Take Action: Fight Slavery in the Thai Chicken Industry

“It shows the serious intent of the Thai government in tackling forced labor and improving the image of the country,” said Puttanee Kangkun, a human rights specialist with advocacy group Fortify Rights in Bangkok.

“It spells out the conditions, and the penalties are quite strict. But we have to see how effective the implementation is.”

Thomson Reuters Foundation reports:

There are about 4.9 million migrants in Thailand, making up more than 10 percent of the country’s workforce, according to the United Nations.
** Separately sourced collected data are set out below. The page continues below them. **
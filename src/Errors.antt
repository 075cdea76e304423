-- ===== src/Errors.antt =====
-- exceptions.py, and the exceptions of the libraries that the client lets through. A call that may
-- raise returns a `Result`; a `Reason` stands for the message of one `raise` statement.
use amazon_s3_encryption_cli.Prelude.{ℕ, ◌≡◌, refl, Bool, true, false, ◌⊎◌, inl, inr}

pub data Reason : Type 0 where
  no_plaintext_data_key no_encrypted_data_key : Reason
  after_final_part out_of_sequence : Reason
  missing_cek_alg unknown_cek_alg unknown_format : Reason
  instruction_files_disabled s3_client_required bucket_and_key_required suffix_required : Reason
  instruction_file_tampered illegal_combination key_collision v3_keys_in_v2_object : Reason
  legacy_not_enabled commitment_conflict delayed_authentication_not_set : Reason
  unknown_suite unknown_wrap_alg unexpected_wrap_alg : Reason
  unsupported_kdf_hash data_key_length commitment_mismatch : Reason
  incomplete_gcm_data decrypt_failed cbc_failed : Reason
  no_edk plaintext_key_present edk_count stored_context_not_dict : Reason
  reserved_key context_mismatch no_suite_selected cek_alg_mismatch : Reason
  legacy_wrapping_disabled context_with_kms_v1 invalid_wrap_alg : Reason
  not_json not_json_object invalid_keys plugin_missing fetch_failed : Reason
  empty_metadata no_s3ec_keys instruction_body_empty : Reason
  legacy_suite_configured policy_requires_commitment policy_forbids_commitment : Reason
  put_in_instruction_file_mode unexpected_body missing_content_length ranged_get : Reason
  context_not_dict context_not_strings context_not_ascii : Reason
  put_failed get_failed delete_failed create_failed part_failed complete_failed : Reason
  no_upload final_part_missing not_materials : Reason
  threshold_not_positive chunksize_not_positive chunksize_too_small : Reason

-- `invalid_tag` is the library's `InvalidTag`, `service_error` botocore's `ClientError`, and
-- `other_error` any exception that no handler of the client tells apart.
pub data Error : Type 0 where
  client_error : Reason → Error
  security_error : Reason → Error
  runtime_error : Reason → Error
  incomplete_read : ℕ → ℕ → Error
  value_error type_error key_error json_decode_error invalid_tag service_error other_error : Error

pub data Result {ℓ} (V : Type ℓ) : Type ℓ where
  err : Error → Result V
  ok : V → Result V

-- `if b: raise e`
abbrev pub raise_if : Bool → Error → Result (Unit {0})
raise_if false e = ok tt
raise_if true e = err e

pub Result-cases {ℓ} :
    {V : Type ℓ} (r : Result V) → ((v : V) × (r ≡ ok v)) ⊎ ((e : Error) × (r ≡ err e))
Result-cases (err e) = inr (e, refl)
Result-cases (ok v) = inl (v, refl)

-- One call after another: an exception of the first goes on.
infixl 5 ◌>>=◌ ◌>>◌
abbrev pub ◌>>=◌ {ℓ κ} : {V : Type ℓ} {W : Type κ} → Result V → (V → Result W) → Result W
err e >>= next = err e
ok v >>= next = next v

abbrev pub ◌>>◌ {ℓ} : {W : Type ℓ} → Result (Unit {0}) → Result W → Result W
first >> second = first >>= λ _. second

-- Both calls of a chain that returned have returned.
pub >>=-eq-ok {ℓ κ} :
    {V : Type ℓ} {W : Type κ} (first : Result V) (next : V → Result W) {w : W}
    → (first >>= next) ≡ ok w
    → (v : V) × (first ≡ ok v) × (next v ≡ ok w)
>>=-eq-ok (err e) next returned = cc
>>=-eq-ok (ok v) next returned = (v, refl, returned)

pub ok-injective {ℓ} : {V : Type ℓ} {v w : V} → ◌≡◌ {A = Result V} (ok v) (ok w) → v ≡ w
ok-injective h = cc

pub bind_assoc {ℓ κ μ} :
    {V : Type ℓ} {W : Type κ} {X : Type μ} (r : Result V) (f : V → Result W) (k : W → Result X)
    → ((r >>= f) >>= k) ≡ (r >>= λ v. f v >>= k)
bind_assoc (err e) f k = refl
bind_assoc (ok v) f k = refl

pub bind-ok {ℓ} : {V : Type ℓ} (r : Result V) → (r >>= λ v. ok v) ≡ r
bind-ok (err e) = refl
bind-ok (ok v) = refl

pub ok-pair {ℓ κ} :
    {V : Type ℓ} {W : Type κ} (v v' : V) (w w' : W)
    → ◌≡◌ {A = Result (V × W)} (ok (v, w)) (ok (v', w'))
    → (v ≡ v') × (w ≡ w')
ok-pair v v' w w' h = (cc, cc)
Most are from poorer neighboring countries including Myanmar, Cambodia, Laos and Vietnam.

Migrant workers get few protections such as a minimum wage and overtime pay, and contend with unsafe working and living conditions, the U.N. said in a report earlier this year.

Besides the seafood industry, exploitative practices have been recorded in domestic work, construction, agriculture, livestock, hospitality, garment manufacturing and other sectors in the country, it said.

The amendment widens the definition of forced labor and includes anyone engaged in the purchase, sale, confinement or exploitation of a person.

However, some observers say the law is not yet perfect.

Ruttiya Bhula-Or, an assistant professor at Chulalongkorn University, said that while the changes can be implemented immediately, “its inclusion as part of the anti-human trafficking act can also make it less potent, and the definition of forced labor remains unclear.”

Thailand has taken steps to crack down on exploitative recruitment fees paid by migrant workers and last June it became the first country in Asia to ratify the forced labor protocol of the International Labour Organization (ILO).